Second, Figure 9 demonstrates that RPE requires more time to complete the training than APE and SHAPE do. As explained in Section 2.2, RPE causes the computational overhead because it needs to compute attention for relative position embeddings. The amount of time required to complete the training is presented in Table 6.

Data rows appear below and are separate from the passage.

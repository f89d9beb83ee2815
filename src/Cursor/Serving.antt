-- ===== src/Cursor/Serving.antt =====
-- What a cursor serves as its current record (cursor.ts).
use lmdb_deno.Prelude.{
  ℕ, ◌≡◌, ◌∙◌, refl, sym, ap, subst, Bool, true, false, Option, none, some, List, [], ◌∷◌, length,
  drop, Exception, Result, ok, err, arith,
}
use lmdb_deno.Bytes.{Bytes}
use lmdb_deno.Encoding.Values.{Key, KeyEncoding}
use lmdb_deno.State.World.{World}
use lmdb_deno.State.Access.{first_some, require_live_cursor_binding, assert_shared_state_usable}
use lmdb_deno.State.Handles.{get_cursor_handle}
use lmdb_deno.State.Writer.Reading.{Reads}
use lmdb_deno.Data.{CursorOperation, DataApi, Step}
use lmdb_deno.Cursor.{
  CurrentRecord, Cursor, current, store, clear, clear_current_record, replay, format_key, formatted,
  navigated, deliver, navigate_at, navigate, get_current_in, held, get_current,
}

pub drop-length : {A : Type 0} (xs : List A) → drop (length xs) xs ≡ []
drop-length [] = refl
drop-length (x ∷ xs) = drop-length xs

-- What is stored is current.
pub store-current : (r : CurrentRecord) (c : Cursor) (w : World) → current (store r c w) w ≡ r
unfolding replay
store-current r c w = rw (drop-length w.calls) refl

pub get_cursor_handle-Reads : (object : ℕ) → Reads (get_cursor_handle object)
unfolding get_cursor_handle require_live_cursor_binding assert_shared_state_usable
get_cursor_handle-Reads object w = ground arith

-- What a navigation gives for an answer of LMDB.
abbrev pub shown_key : Result Key → Result (Option Key)
shown_key (ok shown) = ok (some shown)
shown_key (err e) = err e

abbrev pub answered : KeyEncoding → Result (Option (Bytes × Bytes)) → Result (Option Key)
answered format (err e) = err e
answered format (ok none) = ok none
answered format (ok (some (found, stored))) = shown_key (format_key format found)

err-not-ok : {A : Type 0} (e : Exception) (a : A) (b : Result A) → b ≡ err e → b ≡ ok a → ⊥
err-not-ok e a b h k = ground arith

module _ {S A : Type 0} (api : DataApi S) (convert : Bytes → Result A)
    (callback : Option (Key → A → Step S (Unit {0}))) where
  -- How a navigation ends, and what `#getCurrent` does after it: the cursor cannot be used; or there
  -- is no record, and LMDB is not asked again; or there is the entry that LMDB has answered with.
  pub data Serves (operation : CursorOperation) (k v : Option Bytes) (c : Cursor) (w : World)
      (s : S) (x : (Result (Option Key) × World × S) × Cursor) : Type 0 where
    refused :
        (e : Exception)
        → get_cursor_handle c.object w ≡ (err e, w)
        → x ≡ ((err e, w, s), c)
        → Serves operation k v c w s x
    nothing :
        (cursor : Option ℕ) (y : Result (Option (Bytes × Bytes))) (s' : S) (c' : Cursor)
        → get_cursor_handle c.object w ≡ (ok cursor, w)
        → api.cursor_get cursor
            (first_some k (current c w).key)
            (first_some v (current c w).value)
            operation
            w
            s
          ≡ (y, s')
        → ((shown : Key) → answered c.key_format y ≡ ok (some shown) → ⊥)
        → x ≡ ((answered c.key_format y, w, s'), c')
        → ((detached : Bool)
            → get_current api convert callback detached c' w s' ≡ ((ok none, w, s'), c'))
        → Serves operation k v c w s x
    entry :
        (cursor : Option ℕ) (found stored : Bytes) (shown : Key) (s' : S) (c' : Cursor)
        → get_cursor_handle c.object w ≡ (ok cursor, w)
        → api.cursor_get cursor
            (first_some k (current c w).key)
            (first_some v (current c w).value)
            operation
            w
            s
          ≡ (ok (some (found, stored)), s')
        → format_key c.key_format found ≡ ok shown
        → x ≡ ((ok (some shown), w, s'), c')
        → get_current api convert callback false c' w s'
          ≡ (deliver convert callback c.key_format found stored w s', c')
        → Serves operation k v c w s x

  get_current-store :
      (r : CurrentRecord) (c : Cursor) (w : World) (s : S) (cursor : Option ℕ) (detached : Bool)
      → get_cursor_handle c.object w ≡ (ok cursor, w)
      → get_current api convert callback detached (store r c w) w s
        ≡ get_current_in api convert callback
            (store r c w)
            cursor
            w
            s
            (held detached r)
            r.fallback_allowed
  unfolding get_current
  get_current-store r c w s cursor detached e = rw e (
      ap
        (λ (q : CurrentRecord).
          get_current_in api convert callback (store r c w) cursor w s (held detached q)
            q.fallback_allowed)
        (store-current r c w))

  -- Nothing is held and LMDB may not be asked.
  clear-nothing :
      (c : Cursor) (w : World) (s : S) (cursor : Option ℕ) (detached : Bool)
      → get_cursor_handle c.object w ≡ (ok cursor, w)
      → get_current api convert callback detached (clear c w) w s ≡ ((ok none, w, s), clear c w)
  clear-nothing c w s cursor true e =
      get_current-store (clear_current_record false) c w s cursor true e
  clear-nothing c w s cursor false e =
      get_current-store (clear_current_record false) c w s cursor false e

  module _ (operation : CursorOperation) (k v : Option Bytes) (c : Cursor) (w : World) (s : S) where
    formatted-Serves :
        (cursor : Option ℕ) (found stored : Bytes) (s' : S) (r : Result Key)
        → get_cursor_handle c.object w ≡ (ok cursor, w)
        → api.cursor_get cursor
            (first_some k (current c w).key)
            (first_some v (current c w).value)
            operation
            w
            s
          ≡ (ok (some (found, stored)), s')
        → format_key c.key_format found ≡ r
        → Serves operation k v c w s (formatted c (found, stored) w s' r)
    formatted-Serves cursor found stored s' (err e) handle answer shown =
        let same : answered c.key_format (ok (some (found, stored))) ≡ err e = ap shown_key shown in
        nothing cursor (ok (some (found, stored))) s' (clear c w) handle answer
          (λ q h. absurd (err-not-ok e (some q) _ same h))
          (ap (λ z. ((z, w, s'), clear c w)) (sym same))
          (λ detached. clear-nothing c w s' cursor detached handle)
    formatted-Serves cursor found stored s' (ok q) handle answer shown =
        entry cursor found stored q s' _ handle answer shown refl
          (get_current-store _ c w s' cursor false handle)

    navigated-Serves :
        (cursor : Option ℕ) (x : Result (Option (Bytes × Bytes)) × S)
        → get_cursor_handle c.object w ≡ (ok cursor, w)
        → api.cursor_get cursor
            (first_some k (current c w).key)
            (first_some v (current c w).value)
            operation
            w
            s
          ≡ x
        → Serves operation k v c w s (navigated c w x)
    unfolding navigated
    navigated-Serves cursor (err e, s') handle answer =
        nothing cursor (err e) s' (clear c w) handle answer (λ q h. ground arith) refl
          (λ detached. clear-nothing c w s' cursor detached handle)
    navigated-Serves cursor (ok none, s') handle answer =
        nothing cursor (ok none) s' (clear c w) handle answer (λ q h. ground arith) refl
          (λ detached. clear-nothing c w s' cursor detached handle)
    navigated-Serves cursor (ok (some (found, stored)), s') handle answer =
        formatted-Serves cursor found stored s' _ handle answer refl

    -- However LMDB answers, a navigation ends in one of three ways. The cursor cannot be used, and
    -- nothing has changed; or LMDB's answer gives no key, since it is an error, or nothing, or has a
    -- key that cannot be formatted, and that is the outcome, and the current record is `null` then,
    -- without LMDB being asked again; or the key of LMDB's entry is returned, and the current record is
    -- that entry.
    pub navigate-Serves : Serves operation k v c w s (navigate api operation k v c w s)
    unfolding navigate
    navigate-Serves = split (get_cursor_handle c.object w) (get_cursor_handle-Reads c.object w) refl
      where
        split :
            (x : Result (Option ℕ) × World)
            → x.1 ≡ w
            → get_cursor_handle c.object w ≡ x
            → Serves operation k v c w s (navigate_at api c operation k v s x)
        split (err e, u) stays found =
            refused e (found ∙ ap (λ y. (err e, y)) stays) (ap (λ y. ((err e, y, s), c)) stays)
        split (ok cursor, u) stays found =
            subst
              (λ y. Serves operation k v c w s (navigate_at api c operation k v s (ok cursor, y)))
              (sym stays) (navigated-Serves cursor _ (found ∙ ap (λ y. (ok cursor, y)) stays) refl)
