-- ===== src/Encoding/Keys/RoundTrip.antt =====
-- Keys, their encodings and back.
use lmdb_deno.Prelude.{
  ℕ, ◌≤◌, ◌<◌, ◌^◌, ◌≡◌, refl, ap, ◌∙◌, sym, [], ◌∷◌, pos, negsuc, ok, err, arith, some, ◌⊎◌, inl,
  inr, Bool-cases, leb,
}
use lmdb_deno.Bytes.{Bytes, AreBytes, le_bytes, le_value}
use lmdb_deno.Bytes.Laws.{le_value-le_bytes, le_bytes-le_value}
use lmdb_deno.Encoding.Text.{CodeUnits, AreCodeUnits, encode_string}
use lmdb_deno.Encoding.Text.RoundTrip.{decode_string-encode_string}
use lmdb_deno.Encoding.Values.{
  Number, integer, non_integer, Key, text, number, bytes, KeyKind, string_kind, uint32_kind,
  buffer_kind, kind_encoding, IsKey,
}
use lmdb_deno.Encoding.Keys.{encode_uint32_key, decode_uint32_key, uint32_range, encode_key}

encode_uint32_key_lem :
    (n : ℕ) → n ≤ 0xffff_ffff → encode_uint32_key (integer (pos n)) ≡ ok (le_bytes 4 n)
unfolding encode_uint32_key
encode_uint32_key_lem n h = ground arith

decode_uint32_key-le_bytes : (n : ℕ) → n ≤ 0xffff_ffff → decode_uint32_key (le_bytes 4 n) ≡ ok n
unfolding decode_uint32_key
decode_uint32_key-le_bytes n h = ap ok (omega (arith, le_value-le_bytes 4 n (omega arith)))

-- A number is accepted as a key exactly when it is an integer that fits 32 bits without a sign,
-- and the bytes that it is given are read back to it.
pub encode_uint32_key_total :
    (n : Number)
    → ((k : ℕ) × (v : Bytes) × (n ≡ integer (pos k))
        × (k < 2 ^ 32)
        × (encode_uint32_key n ≡ ok v)
        × (decode_uint32_key v ≡ ok k))
      ⊎ (((k : ℕ) → k < 2 ^ 32 → n ≡ integer (pos k) → ⊥)
          × (encode_uint32_key n ≡ err uint32_range))
unfolding encode_uint32_key
encode_uint32_key_total (non_integer m) = inr ((λ k h e. cc), refl)
encode_uint32_key_total (integer (negsuc m)) = inr ((λ k h e. ground arith), refl)
encode_uint32_key_total (integer (pos n)) = elim (Bool-cases (leb n 0xffff_ffff)) [
  | inl fits ↦
      let small : n ≤ 0xffff_ffff = ground arith in
      inl (
        n,
        le_bytes 4 n,
        refl,
        omega arith,
        encode_uint32_key_lem n small,
        decode_uint32_key-le_bytes n small,
      )
  | inr big ↦ inr ((λ k h e. ground arith), rw big)
]

-- Four bytes are read as the number whose encoding they are.
pub encode_uint32_key-decode_uint32_key :
    (v : Bytes) (k : ℕ)
    → AreBytes v
    → decode_uint32_key v ≡ ok k
    → encode_uint32_key (integer (pos k)) ≡ ok v
unfolding decode_uint32_key
encode_uint32_key-decode_uint32_key (a ∷ b ∷ c ∷ d ∷ []) k h e =
    let value : k ≡ le_value (a ∷ b ∷ c ∷ d ∷ []) = ground arith in
    encode_uint32_key_lem k (omega arith)
    ∙ ap ok (rw value (le_bytes-le_value (a ∷ b ∷ c ∷ d ∷ []) h))
encode_uint32_key-decode_uint32_key v k h e = absurd (ground arith)

encode_uint32_key_injective :
    (m n : Number) (v : Bytes) → encode_uint32_key m ≡ ok v → encode_uint32_key n ≡ ok v → m ≡ n
encode_uint32_key_injective m n v e f =
    ground (arith, encode_uint32_key_total m, encode_uint32_key_total n)

encode_string_injective :
    (s t : CodeUnits) → AreCodeUnits s → AreCodeUnits t → encode_string s ≡ encode_string t → s ≡ t
encode_string_injective s t hs ht e =
    let both : ok s ≡ ok t =
      sym (decode_string-encode_string s hs) ∙ (rw (← e) at (decode_string-encode_string t ht)) in
    cc

-- Within one kind of key, two keys with the same bytes are the same key.
pub encode_key_injective :
    (kind : KeyKind) (k l : Key) (v : Bytes)
    → IsKey k
    → IsKey l
    → encode_key k (some (kind_encoding kind)) ≡ ok v
    → encode_key l (some (kind_encoding kind)) ≡ ok v
    → k ≡ l
unfolding encode_key
encode_key_injective string_kind (text s) (text t) v hk hl e f =
    ap text (encode_string_injective s t hk hl (cc))
encode_key_injective uint32_kind (number m) (number n) v hk hl e f =
    ap number (encode_uint32_key_injective m n v e f)
encode_key_injective buffer_kind (bytes a) (bytes b) v hk hl e f = cc
encode_key_injective kind k l v hk hl e f = cc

Model	Dataset	Hardware	Training Time (sec)	Number of Parameters
APE	Vanilla	DGX-1	97,073	61M
RPE	Vanilla	DGX-1	107,089	61M
SHAPE	Vanilla	DGX-1	96,439	61M
APE	Extrapolate	DGX-1	101,469	61M
RPE	Extrapolate	DGX-1	111,246	61M
SHAPE	Extrapolate	DGX-1	102,535	61M
APE	Interpolate	DGX-2	69,148	61M
SHAPE	Interpolate	DGX-2	69,529	61M

Table 6: Training time required to complete 200,000 gradient steps. RPE requires more time than APE and SHAPE do. Figure 9 illustrates the corresponding learning curve.

Appendix F Sanity Check of the Baseline Performance

Building a strong baseline is essential for trustable results (Denkowski and Neubig, 2017). To confirm that our baseline model (i.e., Transformer with APE) trained using OpenNMT-py (Klein et al., 2017) is strong enough, we compared its performance with that trained on Fairseq (Ott et al., 2019). Fairseq is another state-of-the-art framework used by winning teams of WMT shared task (Ng et al., 2019). For training on Fairseq, we used the official recipe available in the documentation¹³¹³13https://github.com/pytorch/fairseq/tree/master/examples/scaling_nmt. The result is presented in Table 7. Here, the results are the average of five distinct trials with different random seeds. From the table, we can confirm that both models can achieve comparable results.

Model	Implementation	2010	2011	2012	2013	2014	2015	2016	Average
APE	Fairseq	24.24	22.10	22.40	26.38	27.11	29.58	34.34	26.59
APE	OpenNMT-py	24.22	21.98	22.20	26.06	26.95	29.98	34.46	26.55

Table 7: BLEU score on newstest2010-2016. We report average result of five distinct trials with different random seeds.